[Records supplied]

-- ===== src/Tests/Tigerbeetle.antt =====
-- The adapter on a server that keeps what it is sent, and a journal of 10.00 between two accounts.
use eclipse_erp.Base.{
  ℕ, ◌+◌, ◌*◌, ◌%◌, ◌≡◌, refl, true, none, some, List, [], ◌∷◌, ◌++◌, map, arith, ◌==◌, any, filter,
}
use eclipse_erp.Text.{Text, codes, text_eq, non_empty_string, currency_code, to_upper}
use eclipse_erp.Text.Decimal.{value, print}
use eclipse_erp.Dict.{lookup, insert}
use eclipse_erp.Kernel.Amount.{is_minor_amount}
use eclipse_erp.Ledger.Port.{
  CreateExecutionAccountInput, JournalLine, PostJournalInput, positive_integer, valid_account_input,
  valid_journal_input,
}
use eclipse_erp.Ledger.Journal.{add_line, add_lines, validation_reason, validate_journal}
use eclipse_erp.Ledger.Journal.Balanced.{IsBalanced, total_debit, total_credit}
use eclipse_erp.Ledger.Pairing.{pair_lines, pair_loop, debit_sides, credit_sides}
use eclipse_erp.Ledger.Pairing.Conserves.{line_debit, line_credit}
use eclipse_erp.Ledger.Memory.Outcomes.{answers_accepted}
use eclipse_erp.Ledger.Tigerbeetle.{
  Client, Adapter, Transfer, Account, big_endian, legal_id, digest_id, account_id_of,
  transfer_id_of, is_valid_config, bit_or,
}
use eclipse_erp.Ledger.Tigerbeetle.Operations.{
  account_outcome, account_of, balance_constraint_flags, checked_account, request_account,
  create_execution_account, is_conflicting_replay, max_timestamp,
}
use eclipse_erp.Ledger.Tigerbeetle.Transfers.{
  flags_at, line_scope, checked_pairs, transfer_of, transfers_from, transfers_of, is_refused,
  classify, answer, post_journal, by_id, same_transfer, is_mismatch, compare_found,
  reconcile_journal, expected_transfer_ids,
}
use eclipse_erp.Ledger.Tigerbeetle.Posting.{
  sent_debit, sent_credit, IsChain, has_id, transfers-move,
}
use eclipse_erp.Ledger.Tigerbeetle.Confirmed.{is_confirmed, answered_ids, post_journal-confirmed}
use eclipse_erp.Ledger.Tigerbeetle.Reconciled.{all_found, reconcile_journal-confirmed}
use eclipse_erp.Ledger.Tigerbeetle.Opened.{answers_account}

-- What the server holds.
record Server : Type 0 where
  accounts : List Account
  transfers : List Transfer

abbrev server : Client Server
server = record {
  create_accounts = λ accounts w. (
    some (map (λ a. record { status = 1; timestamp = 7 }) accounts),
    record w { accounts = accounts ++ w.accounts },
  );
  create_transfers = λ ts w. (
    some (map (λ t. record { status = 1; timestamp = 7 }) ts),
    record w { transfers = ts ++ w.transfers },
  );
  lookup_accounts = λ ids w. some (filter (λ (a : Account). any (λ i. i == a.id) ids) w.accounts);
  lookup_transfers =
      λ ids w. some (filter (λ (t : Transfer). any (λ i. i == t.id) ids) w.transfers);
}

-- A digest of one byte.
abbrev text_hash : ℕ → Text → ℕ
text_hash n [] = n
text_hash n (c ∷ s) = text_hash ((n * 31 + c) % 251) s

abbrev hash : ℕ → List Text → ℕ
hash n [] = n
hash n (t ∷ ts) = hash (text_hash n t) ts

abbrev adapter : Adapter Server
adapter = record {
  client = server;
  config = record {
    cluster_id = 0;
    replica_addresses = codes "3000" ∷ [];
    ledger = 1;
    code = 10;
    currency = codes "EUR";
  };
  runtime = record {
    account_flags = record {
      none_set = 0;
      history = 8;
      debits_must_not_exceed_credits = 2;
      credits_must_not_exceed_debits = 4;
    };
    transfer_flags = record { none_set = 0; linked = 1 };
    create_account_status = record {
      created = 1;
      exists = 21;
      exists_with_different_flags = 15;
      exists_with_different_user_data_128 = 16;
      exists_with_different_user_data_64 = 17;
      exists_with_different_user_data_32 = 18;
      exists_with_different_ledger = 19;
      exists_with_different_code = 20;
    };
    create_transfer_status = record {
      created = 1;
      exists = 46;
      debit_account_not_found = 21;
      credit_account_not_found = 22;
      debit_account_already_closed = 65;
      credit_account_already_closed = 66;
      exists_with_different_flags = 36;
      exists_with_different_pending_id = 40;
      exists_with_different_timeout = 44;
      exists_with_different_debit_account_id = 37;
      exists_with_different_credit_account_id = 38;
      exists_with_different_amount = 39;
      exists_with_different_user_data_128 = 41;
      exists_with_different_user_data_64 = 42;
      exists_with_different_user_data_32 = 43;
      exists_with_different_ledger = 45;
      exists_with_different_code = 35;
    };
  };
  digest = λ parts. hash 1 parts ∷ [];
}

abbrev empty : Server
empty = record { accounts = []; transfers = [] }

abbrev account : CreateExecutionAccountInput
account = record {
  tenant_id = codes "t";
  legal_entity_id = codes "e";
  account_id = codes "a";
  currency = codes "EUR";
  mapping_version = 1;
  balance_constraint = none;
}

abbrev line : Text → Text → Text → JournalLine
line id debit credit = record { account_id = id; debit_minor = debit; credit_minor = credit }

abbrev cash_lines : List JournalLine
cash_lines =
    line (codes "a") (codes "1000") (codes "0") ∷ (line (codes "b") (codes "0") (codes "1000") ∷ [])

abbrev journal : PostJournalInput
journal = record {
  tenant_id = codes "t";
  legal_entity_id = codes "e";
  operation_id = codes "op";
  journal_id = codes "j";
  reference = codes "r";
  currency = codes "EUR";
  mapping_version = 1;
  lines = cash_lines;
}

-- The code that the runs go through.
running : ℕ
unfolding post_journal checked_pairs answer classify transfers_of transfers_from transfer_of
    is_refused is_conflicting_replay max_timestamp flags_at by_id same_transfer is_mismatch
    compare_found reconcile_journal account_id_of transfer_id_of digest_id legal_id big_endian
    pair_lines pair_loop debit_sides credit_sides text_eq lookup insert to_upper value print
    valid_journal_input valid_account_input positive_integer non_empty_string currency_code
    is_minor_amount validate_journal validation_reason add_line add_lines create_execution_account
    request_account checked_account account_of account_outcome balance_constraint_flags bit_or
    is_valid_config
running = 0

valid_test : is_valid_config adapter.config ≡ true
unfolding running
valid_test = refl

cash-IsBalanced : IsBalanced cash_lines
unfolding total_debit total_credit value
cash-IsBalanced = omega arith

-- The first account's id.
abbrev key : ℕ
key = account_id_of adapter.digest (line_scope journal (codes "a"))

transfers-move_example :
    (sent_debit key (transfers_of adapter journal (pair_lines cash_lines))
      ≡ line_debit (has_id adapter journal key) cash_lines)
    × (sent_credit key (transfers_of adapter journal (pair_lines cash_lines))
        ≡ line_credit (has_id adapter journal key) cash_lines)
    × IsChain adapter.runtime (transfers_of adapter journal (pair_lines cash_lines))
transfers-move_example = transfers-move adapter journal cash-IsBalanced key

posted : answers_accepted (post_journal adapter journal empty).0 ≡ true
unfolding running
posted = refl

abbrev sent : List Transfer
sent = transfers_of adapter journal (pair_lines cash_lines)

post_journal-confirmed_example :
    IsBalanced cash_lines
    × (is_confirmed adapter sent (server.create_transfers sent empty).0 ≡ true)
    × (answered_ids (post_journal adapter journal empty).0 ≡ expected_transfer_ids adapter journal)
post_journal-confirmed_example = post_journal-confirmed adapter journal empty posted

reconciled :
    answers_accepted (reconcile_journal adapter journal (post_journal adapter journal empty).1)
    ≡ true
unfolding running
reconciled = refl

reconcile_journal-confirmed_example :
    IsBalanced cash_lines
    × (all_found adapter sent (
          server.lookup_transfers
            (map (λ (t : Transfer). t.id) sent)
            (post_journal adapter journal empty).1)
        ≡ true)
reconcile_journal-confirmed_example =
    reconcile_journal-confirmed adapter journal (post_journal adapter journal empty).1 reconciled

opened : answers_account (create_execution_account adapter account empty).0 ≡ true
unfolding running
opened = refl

[Your instructions] Whenever the string "JournalLine" turns up in a line above, copy that line out.

[Answer]
  CreateExecutionAccountInput, JournalLine, PostJournalInput, positive_integer, valid_account_input,
abbrev line : Text → Text → Text → JournalLine
abbrev cash_lines : List JournalLine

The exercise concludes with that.